Le condizioni di vita lungo il fiume sono difficilissime. “Manca tutto – racconta Marmo -: dall’acqua corrente, ai servizi igienico sanitari. Sono settimane che lo ripetiamo, ma la situazione peggiora invece che migliorare”. Volontari e associazioni cercano di porre rimedio:
la Caritas si occupa del pranzo, arrivando a servire circa 250 pasti al giorno, mentre alcuni gruppi francesi arrivano ogni sera per portare la cena.
Visitiamo l’accampamento insieme a Daniela Zitarosa, operatrice di Intersos, Ong che si occupa dell’assistenza sanitaria. Sotto al cavalcavia sono centinaia i giacigli fatti di cartoni e coperte, mentre piccoli insediamenti sorgono tra le piante che riempiono l’ampio alveo del fiume. Incontriamo alcuni ragazzi che riposano dopo l’ennesimo tentativo, fallito, di passare il confine. “Oggi c’è poca gente – dice Zitarosa – perché in tanti si nascondono sui treni approfittando del movimento dovuto al mercato. La maggior parte però finirà per essere rimandata indietro”.
Tra i migranti accampati ci sono anche moltissimi minori:
solo nel mese di maggio sono stati 711 i ragazzi tra gli 11 e i 18 anni censiti dalla Caritas,
ma per loro in città non esiste un luogo di accoglienza se non i circa 50 posti messi a disposizione dalla chiesa di sant’Antonio.
“Di fronte a questa situazione che si perdura da anni – dichiara don Alvarz – quello che chiediamo alle autorità è di essere lungimiranti”. Il vescovo di Ventimiglia-Sanremo, mons. Antonio Suetta, riferisce di un incontro con il prefetto d’Imperia e il sindaco di Ventimiglia, in cui le Istituzioni avrebbero garantito un rapido allargamento del campo per migranti in transito così da dare accoglienza a quanti non hanno un riparo.

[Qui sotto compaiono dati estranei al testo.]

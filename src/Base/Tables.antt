-- ===== src/Base/Tables.antt =====
-- Tables with a primary key: lists of rows whose keys are distinct.
use Prim.Native.Nat.{ℕ}
use mathlib.Core.Path.{◌≡◌, refl, subst, sym, ◌∙◌}
use mathlib.Core.Logic.{inl, inr}
use mathlib.Core.Bool.{Bool, true, false}
use mathlib.Core.List.{List, [], ◌∷◌}
use mathlib.Core.Option.{Option, some}
use native.Mathlib.Omega.{arith}
use arcus_invest_backend.Base.Tests.{◌==◌, ==_iff, ==_refl, Bool-cases, if◌then◌else◌}
use arcus_invest_backend.Base.Lists.{
  find, any, update_where, All, All-map, All-zip, any-update_where,
}

module _ {ℓ} {A : Type ℓ} (key : A → ℕ) where
  abbrev pub has_key : ℕ → A → Bool
  has_key n x = key x == n

  abbrev pub DistinctKeys : List A → Type 0
  DistinctKeys [] = Unit
  DistinctKeys (x ∷ xs) = (any (has_key (key x)) xs ≡ false) × DistinctKeys xs

  pub absent-update :
      (n : ℕ) (f : A → A) (xs : List A)
      → any (has_key n) xs ≡ false
      → update_where (has_key n) f xs ≡ xs
  absent-update n f [] h = refl
  absent-update n f (x ∷ xs) h = ground (arith, absent-update n f xs)

  -- An update by key changes the row that is found and no other.
  pub found-update {κ} :
      (P : A → Type κ) (n : ℕ) (f : A → A) (xs : List A) {r : A}
      → DistinctKeys xs
      → find (has_key n) xs ≡ some r
      → P (f r)
      → All P xs
      → All P (update_where (has_key n) f xs)
  found-update P n f [] d h p a = tt
  found-update P n f (x ∷ xs) {r} d h p a = elim (Bool-cases (key x == n)) [
    | inl e ↦ rw e (
      subst (λ y. P (f y)) (sym (row (rw e at h))) p,
      rw (absent-update n f xs (rw ((==_iff (key x) n).0 e) at d.0)) a.1,
    )
    | inr e ↦ rw e (a.0, found-update P n f xs d.1 (rw e at h) p a.1)
  ]
    where
      row : {y : A} → ◌≡◌ {A = Option A} (some y) (some r) → y ≡ r
      row h = ground arith

  -- The same, from one property of every row to another.
  pub found-change {κ μ} :
      (P : A → Type κ) (Q : A → Type μ) (n : ℕ) (f : A → A) (xs : List A) {r : A}
      → DistinctKeys xs
      → find (has_key n) xs ≡ some r
      → Q (f r)
      → ((x : A) → has_key n x ≡ false → P x → Q x)
      → All P xs
      → All Q (update_where (has_key n) f xs)
  found-change P Q n f [] d h q keep a = tt
  found-change P Q n f (x ∷ xs) {r} d h q keep a = elim (Bool-cases (key x == n)) [
    | inl e ↦
        let absent = rw ((==_iff (key x) n).0 e) at d.0 in
        rw e (
          subst (λ y. Q (f y)) (sym (row (rw e at h))) q,
          rw (absent-update n f xs absent) (others xs absent a.1),
        )
    | inr e ↦ rw e (keep x e a.0, found-change P Q n f xs d.1 (rw e at h) q keep a.1)
  ]
    where
      row : {y : A} → ◌≡◌ {A = Option A} (some y) (some r) → y ≡ r
      row h = ground arith

      others : (xs : List A) → any (has_key n) xs ≡ false → All P xs → All Q xs
      others [] h a = tt
      others (x ∷ xs) h a = (keep x (ground arith) a.0, others xs (ground arith) a.1)

  same_key : (b : Bool) (f : A → A) (x : A) → key (f x) ≡ key x → key (if b then f x else x) ≡ key x
  same_key true f x e = e
  same_key false f x e = refl

  same_test : (n : ℕ) (f : A → A) (x : A) → key (f x) ≡ key x → has_key n (f x) ≡ has_key n x
  same_test n f x e = rw e refl

  pub update-DistinctKeys :
      (p : A → Bool) (f : A → A) (xs : List A)
      → ((x : A) → key (f x) ≡ key x)
      → DistinctKeys xs
      → DistinctKeys (update_where p f xs)
  update-DistinctKeys p f [] same d = tt
  update-DistinctKeys p f (x ∷ xs) same d = (
    rw (same_key (p x) f x (same x))
        (any-update_where (has_key (key x)) p f xs (λ y. same_test (key x) f y (same y)) ∙ d.0),
    update-DistinctKeys p f xs same d.1,
  )

  -- `DELETE … WHERE`
  abbrev pub delete_where : (A → Bool) → List A → List A
  delete_where p [] = []
  delete_where p (x ∷ xs) = if p x then delete_where p xs else x ∷ delete_where p xs

  pub delete-All {κ} :
      (P : A → Type κ) (p : A → Bool) (xs : List A) → All P xs → All P (delete_where p xs)
  delete-All P p [] a = tt
  delete-All P p (x ∷ xs) a = elim (Bool-cases (p x)) [
    | inl e ↦ rw e (delete-All P p xs a.1)
    | inr e ↦ rw e (a.0, delete-All P p xs a.1)
  ]

  delete-any : (p q : A → Bool) (xs : List A) → any q xs ≡ false → any q (delete_where p xs) ≡ false
  delete-any p q [] h = refl
  delete-any p q (x ∷ xs) h = ground (arith, delete-any p q xs)

  pub delete-DistinctKeys :
      (p : A → Bool) (xs : List A) → DistinctKeys xs → DistinctKeys (delete_where p xs)
  delete-DistinctKeys p [] d = tt
  delete-DistinctKeys p (x ∷ xs) d = elim (Bool-cases (p x)) [
    | inl e ↦ rw e (delete-DistinctKeys p xs d.1)
    | inr e ↦ rw e (delete-any p (has_key (key x)) xs d.0, delete-DistinctKeys p xs d.1)
  ]

  each_differs :
      (n : ℕ) (xs : List A) → any (has_key n) xs ≡ false → All (λ x. has_key n x ≡ false) xs
  each_differs n [] h = tt
  each_differs n (x ∷ xs) h = (ground arith, each_differs n xs (ground arith))

  found_later :
      (x y : A) (xs : List A)
      → has_key (key x) y ≡ false
      → find (has_key (key y)) xs ≡ some y
      → find (has_key (key y)) (x ∷ xs) ≡ some y
  found_later x y xs h e = ground (arith, ==_iff (key x) (key y), ==_iff (key y) (key x))

  -- Where the keys are distinct, every row is found by its key.
  pub found_each :
      (xs : List A)
      → DistinctKeys xs
      → All (λ x. ◌≡◌ {A = Option A} (find (has_key (key x)) xs) (some x)) xs
  found_each [] d = tt
  found_each (x ∷ xs) d = (
    rw (==_refl (key x)) refl,
    All-map xs (λ y h. found_later x y xs h.0 h.1)
        (All-zip (λ y. has_key (key x) y ≡ false)
          (λ y. ◌≡◌ {A = Option A} (find (has_key (key y)) xs) (some y)) xs
          (each_differs (key x) xs d.0) (found_each xs d.1)),
  )
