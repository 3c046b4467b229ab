-- ===== src/Base/Words.antt =====
-- Go's signed 64-bit arithmetic on integers: sums and products wrap around at 2 ^ 64.
use Prim.Native.Nat.{ℕ, ◌+◌, ◌-◌, ◌*◌, ◌/◌, ◌%◌, ◌<◌}
use mathlib.Core.Path.{◌≡◌}
use native.Mathlib.Omega.{arith}
use arcus_invest_backend.Base.Tests.{ltb, if◌then◌else◌}
use arcus_invest_backend.Base.Int.{ℤ, pos, negsuc, ◌+ℤ◌, ◌*ℤ◌, sub_ℕ}

abbrev pub word : ℕ
word = 18446744073709551616

abbrev pub half_word : ℕ
half_word = 9223372036854775808

-- The signed reading of a 64-bit pattern.
abbrev pub signed : ℕ → ℤ
signed n = if ltb n half_word then pos n else negsuc (word - n - 1)

unfoldable pub wrap64 : ℤ → ℤ
wrap64 (pos n) = signed (n % word)
wrap64 (negsuc n) = signed ((word - 1) - n % word)

-- `a + b` and `a * b` on int64.
unfoldable pub add64 : ℤ → ℤ → ℤ
add64 a b = wrap64 (a +ℤ b)

unfoldable pub mul64 : ℤ → ℤ → ℤ
mul64 a b = wrap64 (a *ℤ b)

-- `a / b` and `a % b` on int64 cut towards zero, so the remainder has the sign of `a`. The one
-- quotient out of range, of the least integer by -1, does not arise for a positive divisor.
unfoldable pub quot64 : ℤ → ℤ → ℤ
quot64 (pos a) (pos b) = pos (a / b)
quot64 (pos a) (negsuc b) = sub_ℕ 0 (a / (b + 1))
quot64 (negsuc a) (pos b) = sub_ℕ 0 ((a + 1) / b)
quot64 (negsuc a) (negsuc b) = pos ((a + 1) / (b + 1))

unfoldable pub rem64 : ℤ → ℤ → ℤ
rem64 (pos a) (pos b) = pos (a % b)
rem64 (pos a) (negsuc b) = pos (a % (b + 1))
rem64 (negsuc a) (pos b) = sub_ℕ 0 ((a + 1) % b)
rem64 (negsuc a) (negsuc b) = sub_ℕ 0 ((a + 1) % (b + 1))

-- Below 2 ^ 63 nothing wraps.
pub wrap64-pos : (n : ℕ) → n < half_word → wrap64 (pos n) ≡ pos n
unfolding wrap64
wrap64-pos n h = ground arith

pub add64-pos : (a b : ℕ) → a + b < half_word → add64 (pos a) (pos b) ≡ pos (a + b)
unfolding add64 ◌+ℤ◌ wrap64
add64-pos a b h = ground arith

pub mul64-pos : (a b : ℕ) → a * b < half_word → mul64 (pos a) (pos b) ≡ pos (a * b)
unfolding mul64 ◌*ℤ◌ wrap64
mul64-pos a b h = ground arith
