-- ===== src/Counter.antt =====
-- Walk-in selling (internal/handlers/counter.go, internal/models/counter_models.go): till sessions,
-- sales, and the stock that a sale takes.
pub mod Till
pub mod Sale
pub mod Takings
pub mod Laws
mod Tests
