-- ===== src/Stock/Ledger.antt =====
-- Stock movements and the balances that are computed from them. A quantity is an integer, and the
-- ledger lists its newest movement first.
use arcus_invest_backend.Base.{
  ℕ, ℤ, pos, negsuc, ◌+ℤ◌, ltb_ℤ, eqb_ℤ, Bool, true, false, ◌&&◌, not, Option, List, [], ◌∷◌, ◌==◌,
  any, if◌then◌else◌,
}
use arcus_invest_backend.Base.Text.{Text, is_empty}

-- The kinds of movement; any other text is no kind.
pub data StockKind : Type 0 where
  opening receipt sale return_in adjustment write_off : StockKind
  other_kind : Text → StockKind

pub record StockMovement : Type 0 where
  pub product_id : ℕ
  pub kind : StockKind
  pub quantity : ℤ
  pub reason : Text
  pub unit_cost : ℤ
  pub opportunity_id : Option ℕ
  pub expense_id : Option ℕ
  pub counter_sale_id : Option ℕ
  pub occurred_at : ℕ
  pub actor_id : Option ℕ

pub record Shelf : Type 0 where
  pub products : List ℕ
  pub movements : List StockMovement

unfoldable pub stock_direction : StockKind → ℤ
stock_direction StockKind.opening = pos 1
stock_direction StockKind.receipt = pos 1
stock_direction StockKind.return_in = pos 1
stock_direction StockKind.sale = negsuc 0
stock_direction StockKind.write_off = negsuc 0
stock_direction StockKind.adjustment = pos 0
stock_direction (StockKind.other_kind t) = pos 0

abbrev pub is_adjustment : StockKind → Bool
is_adjustment StockKind.adjustment = true
is_adjustment _ = false

-- The kinds that need a reason.
abbrev pub needs_reason : StockKind → Bool
needs_reason StockKind.adjustment = true
needs_reason StockKind.write_off = true
needs_reason _ = false

-- The complaints of `ValidateMovement`, in its order; `valid` is the empty text.
pub data MovementCheck : Type 0 where
  valid zero_units unknown_kind must_add must_remove missing_reason : MovementCheck

unfoldable pub validate_movement : StockMovement → MovementCheck
validate_movement m =
    let want = stock_direction m.kind in
    if eqb_ℤ m.quantity (pos 0)
    then zero_units
    else (if eqb_ℤ want (pos 0) && not (is_adjustment m.kind)
        then unknown_kind
        else (if ltb_ℤ (pos 0) want && ltb_ℤ m.quantity (pos 0)
            then must_add
            else (if ltb_ℤ want (pos 0) && ltb_ℤ (pos 0) m.quantity
                then must_remove
                else (if needs_reason m.kind && is_empty m.reason then missing_reason else valid))))

-- `SELECT SUM(quantity) … WHERE product_id = ?`, where no rows count as 0.
unfoldable pub stock_on_hand : ℕ → List StockMovement → ℤ
stock_on_hand p [] = pos 0
stock_on_hand p (m ∷ ms) =
    let rest = stock_on_hand p ms in if m.product_id == p then m.quantity +ℤ rest else rest

-- The rows of `GROUP BY product_id` with their totals.
unfoldable pub add_level : ℕ → ℤ → List (ℕ × ℤ) → List (ℕ × ℤ)
add_level p q [] = (p, q) ∷ []
add_level p q ((k, n) ∷ ls) = if k == p then (k, q +ℤ n) ∷ ls else (k, n) ∷ add_level p q ls

unfoldable pub stock_levels : List StockMovement → List (ℕ × ℤ)
stock_levels [] = []
stock_levels (m ∷ ms) = add_level m.product_id m.quantity (stock_levels ms)

-- Reading the map, where a missing key is 0.
unfoldable pub level_of : ℕ → List (ℕ × ℤ) → ℤ
level_of p [] = pos 0
level_of p ((k, n) ∷ ls) = if k == p then n else level_of p ls

pub data MovementError : Type 0 where
  unknown_product insufficient_stock : MovementError

pub data Recorded : Type 0 where
  recorded : Shelf → Recorded
  not_recorded : MovementError → Recorded

abbrev pub has_product : ℕ → Shelf → Bool
has_product p s = any (λ k. k == p) s.products

-- `RecordMovement`: one transaction, in which the row lock on the product keeps the balance that
-- is read the balance that is written to.
unfoldable pub record_movement : StockMovement → Shelf → Recorded
record_movement m s =
    if has_product m.product_id s
    then (if ltb_ℤ (stock_on_hand m.product_id s.movements +ℤ m.quantity) (pos 0)
        then not_recorded insufficient_stock
        else recorded (record s { movements = m ∷ s.movements }))
    else not_recorded unknown_product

Fortunatamente insieme al flusso dei migranti continua senza sosta anche l’arrivo dei volontari. Nel mese di luglio e agosto alla chiesa di sant’Antonio arriveranno volontari da varie parti d’Italia e da Spagna, Inghilterra, Irlanda e Francia.
Dal 15 al 30 luglio è attesa una delegazione della diocesi francese di Viviers guidata dallo stesso vescovo.
“Verrà personalmente con alcuni volontari per condividere questa esperienza di accoglienza – racconta don Alvarez -. Un bel segno di vicinanza e aiuto”.
A tutti – istituzioni pubbliche e cittadini – l’invito di mons. Suetta:
“Ventimiglia in questi anni ha dato esempio non comune di accoglienza e ospitalità, ma di fronte al disagio di queste persone che non hanno nulla, mi chiedo se noi non possiamo sopportare qualcosa di più”.